§ **Exercise directions**
Using the material below, print the line that contains "decode_ipv6 data' offset", the line that contains "then err malformed_packet offset", and every line in between, exactly and nothing else.

§ **Data records**
-- Opening Marker --

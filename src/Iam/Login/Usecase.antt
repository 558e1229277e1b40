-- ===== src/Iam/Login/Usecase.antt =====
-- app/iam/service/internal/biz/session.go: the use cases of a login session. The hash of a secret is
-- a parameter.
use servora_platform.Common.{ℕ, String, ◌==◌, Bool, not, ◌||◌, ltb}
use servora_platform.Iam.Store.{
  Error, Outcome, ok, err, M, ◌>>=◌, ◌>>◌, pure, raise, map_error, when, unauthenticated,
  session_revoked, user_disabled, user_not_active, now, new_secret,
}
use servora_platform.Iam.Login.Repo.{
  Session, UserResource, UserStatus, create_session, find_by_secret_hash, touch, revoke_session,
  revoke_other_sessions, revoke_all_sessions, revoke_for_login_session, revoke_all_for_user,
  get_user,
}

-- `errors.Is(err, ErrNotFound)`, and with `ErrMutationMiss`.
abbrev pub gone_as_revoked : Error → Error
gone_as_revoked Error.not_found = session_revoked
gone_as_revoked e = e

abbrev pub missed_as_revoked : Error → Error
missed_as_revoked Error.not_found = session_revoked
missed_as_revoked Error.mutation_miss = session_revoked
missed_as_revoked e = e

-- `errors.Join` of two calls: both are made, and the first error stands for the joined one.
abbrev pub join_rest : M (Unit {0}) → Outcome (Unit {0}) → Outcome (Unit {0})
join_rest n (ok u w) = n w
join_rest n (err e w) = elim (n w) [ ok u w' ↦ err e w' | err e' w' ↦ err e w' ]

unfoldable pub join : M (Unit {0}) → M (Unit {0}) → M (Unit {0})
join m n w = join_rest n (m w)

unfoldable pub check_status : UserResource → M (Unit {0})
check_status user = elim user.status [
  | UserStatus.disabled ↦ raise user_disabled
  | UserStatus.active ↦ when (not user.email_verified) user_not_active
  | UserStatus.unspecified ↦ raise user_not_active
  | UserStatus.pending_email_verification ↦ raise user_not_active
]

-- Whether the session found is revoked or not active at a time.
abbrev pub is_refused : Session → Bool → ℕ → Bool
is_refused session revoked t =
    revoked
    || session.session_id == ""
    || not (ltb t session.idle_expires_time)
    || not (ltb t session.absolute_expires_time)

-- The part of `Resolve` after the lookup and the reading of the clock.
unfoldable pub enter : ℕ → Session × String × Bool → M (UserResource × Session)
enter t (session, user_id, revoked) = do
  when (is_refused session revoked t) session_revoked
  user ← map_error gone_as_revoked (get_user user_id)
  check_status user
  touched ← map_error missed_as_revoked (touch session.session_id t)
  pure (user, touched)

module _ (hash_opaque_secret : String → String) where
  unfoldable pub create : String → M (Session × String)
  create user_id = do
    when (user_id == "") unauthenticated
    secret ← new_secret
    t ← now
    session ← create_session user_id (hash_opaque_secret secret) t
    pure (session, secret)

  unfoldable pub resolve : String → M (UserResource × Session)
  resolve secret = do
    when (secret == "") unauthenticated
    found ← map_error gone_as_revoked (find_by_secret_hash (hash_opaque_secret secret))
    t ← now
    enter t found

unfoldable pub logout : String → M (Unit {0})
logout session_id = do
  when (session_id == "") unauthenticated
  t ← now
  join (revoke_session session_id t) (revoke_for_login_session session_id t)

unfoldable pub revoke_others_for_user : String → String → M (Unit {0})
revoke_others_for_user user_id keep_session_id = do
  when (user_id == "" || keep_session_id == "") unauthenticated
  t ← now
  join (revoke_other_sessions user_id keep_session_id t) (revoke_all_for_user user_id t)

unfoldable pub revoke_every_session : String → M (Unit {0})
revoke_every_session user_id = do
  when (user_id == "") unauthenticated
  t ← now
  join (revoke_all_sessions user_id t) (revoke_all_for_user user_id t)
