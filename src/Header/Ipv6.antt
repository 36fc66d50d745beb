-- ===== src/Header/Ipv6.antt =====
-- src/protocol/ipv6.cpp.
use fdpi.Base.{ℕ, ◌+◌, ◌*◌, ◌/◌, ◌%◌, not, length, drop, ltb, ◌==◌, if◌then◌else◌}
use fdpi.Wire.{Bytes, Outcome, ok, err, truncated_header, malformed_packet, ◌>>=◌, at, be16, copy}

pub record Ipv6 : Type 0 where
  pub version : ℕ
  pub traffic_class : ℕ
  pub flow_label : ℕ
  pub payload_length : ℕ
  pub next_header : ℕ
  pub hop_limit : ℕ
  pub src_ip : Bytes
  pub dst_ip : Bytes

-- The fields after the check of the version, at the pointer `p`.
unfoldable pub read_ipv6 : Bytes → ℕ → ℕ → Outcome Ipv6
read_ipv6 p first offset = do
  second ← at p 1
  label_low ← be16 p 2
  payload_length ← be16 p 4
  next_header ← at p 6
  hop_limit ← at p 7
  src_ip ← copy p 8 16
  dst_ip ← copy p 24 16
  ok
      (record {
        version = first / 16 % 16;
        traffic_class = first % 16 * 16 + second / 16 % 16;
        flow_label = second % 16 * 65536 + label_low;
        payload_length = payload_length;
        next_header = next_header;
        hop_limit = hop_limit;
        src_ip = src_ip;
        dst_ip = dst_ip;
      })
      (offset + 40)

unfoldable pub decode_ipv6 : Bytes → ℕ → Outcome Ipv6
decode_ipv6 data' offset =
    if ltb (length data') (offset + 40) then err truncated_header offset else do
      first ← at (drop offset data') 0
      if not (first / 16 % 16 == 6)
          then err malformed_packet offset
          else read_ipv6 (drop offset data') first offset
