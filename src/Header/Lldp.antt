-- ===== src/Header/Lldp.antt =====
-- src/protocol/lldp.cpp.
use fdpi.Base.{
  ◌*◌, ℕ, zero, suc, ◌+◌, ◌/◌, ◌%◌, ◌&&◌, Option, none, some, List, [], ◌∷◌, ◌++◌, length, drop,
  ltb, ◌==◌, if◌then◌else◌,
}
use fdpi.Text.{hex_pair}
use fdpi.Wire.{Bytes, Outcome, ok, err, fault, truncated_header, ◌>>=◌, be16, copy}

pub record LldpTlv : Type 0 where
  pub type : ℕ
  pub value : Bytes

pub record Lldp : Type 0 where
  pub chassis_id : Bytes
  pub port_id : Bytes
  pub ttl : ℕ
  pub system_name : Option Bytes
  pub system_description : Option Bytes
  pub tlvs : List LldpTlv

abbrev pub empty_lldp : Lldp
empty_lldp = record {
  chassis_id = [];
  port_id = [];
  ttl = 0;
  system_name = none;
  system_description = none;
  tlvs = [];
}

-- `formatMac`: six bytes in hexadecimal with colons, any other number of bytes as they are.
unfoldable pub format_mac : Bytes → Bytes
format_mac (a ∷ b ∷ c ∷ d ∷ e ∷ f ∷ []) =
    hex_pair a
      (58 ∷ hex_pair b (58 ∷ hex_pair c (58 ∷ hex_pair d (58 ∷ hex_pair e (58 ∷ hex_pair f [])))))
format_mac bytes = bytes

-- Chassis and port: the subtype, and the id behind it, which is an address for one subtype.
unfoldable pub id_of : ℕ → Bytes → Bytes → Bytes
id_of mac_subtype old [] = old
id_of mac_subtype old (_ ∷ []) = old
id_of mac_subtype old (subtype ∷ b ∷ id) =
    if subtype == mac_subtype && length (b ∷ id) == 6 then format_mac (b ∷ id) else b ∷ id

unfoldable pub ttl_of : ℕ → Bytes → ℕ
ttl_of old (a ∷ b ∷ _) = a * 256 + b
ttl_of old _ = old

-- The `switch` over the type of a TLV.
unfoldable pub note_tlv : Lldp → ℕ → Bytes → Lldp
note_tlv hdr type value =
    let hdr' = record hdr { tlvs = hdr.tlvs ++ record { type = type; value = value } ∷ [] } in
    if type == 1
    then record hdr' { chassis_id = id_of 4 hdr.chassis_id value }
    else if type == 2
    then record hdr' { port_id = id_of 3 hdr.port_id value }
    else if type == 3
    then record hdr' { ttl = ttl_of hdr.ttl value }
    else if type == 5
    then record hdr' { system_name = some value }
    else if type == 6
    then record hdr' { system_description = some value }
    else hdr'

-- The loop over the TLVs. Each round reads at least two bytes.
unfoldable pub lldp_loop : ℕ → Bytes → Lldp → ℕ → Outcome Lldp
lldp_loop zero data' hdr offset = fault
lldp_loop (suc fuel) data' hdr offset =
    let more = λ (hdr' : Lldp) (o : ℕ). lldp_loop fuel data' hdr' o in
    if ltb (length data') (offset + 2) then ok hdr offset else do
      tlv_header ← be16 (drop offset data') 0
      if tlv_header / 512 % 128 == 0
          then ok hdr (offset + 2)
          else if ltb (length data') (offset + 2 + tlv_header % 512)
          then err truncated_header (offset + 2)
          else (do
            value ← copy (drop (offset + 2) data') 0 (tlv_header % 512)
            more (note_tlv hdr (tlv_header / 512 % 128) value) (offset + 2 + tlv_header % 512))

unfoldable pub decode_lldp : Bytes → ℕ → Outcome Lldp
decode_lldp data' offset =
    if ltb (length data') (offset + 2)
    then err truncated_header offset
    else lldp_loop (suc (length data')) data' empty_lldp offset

-- Closing Marker --

§ **Reply**
decode_ipv6 data' offset =
    if ltb (length data') (offset + 40) then err truncated_header offset else do
      first ← at (drop offset data') 0
      if not (first / 16 % 16 == 6)
          then err malformed_packet offset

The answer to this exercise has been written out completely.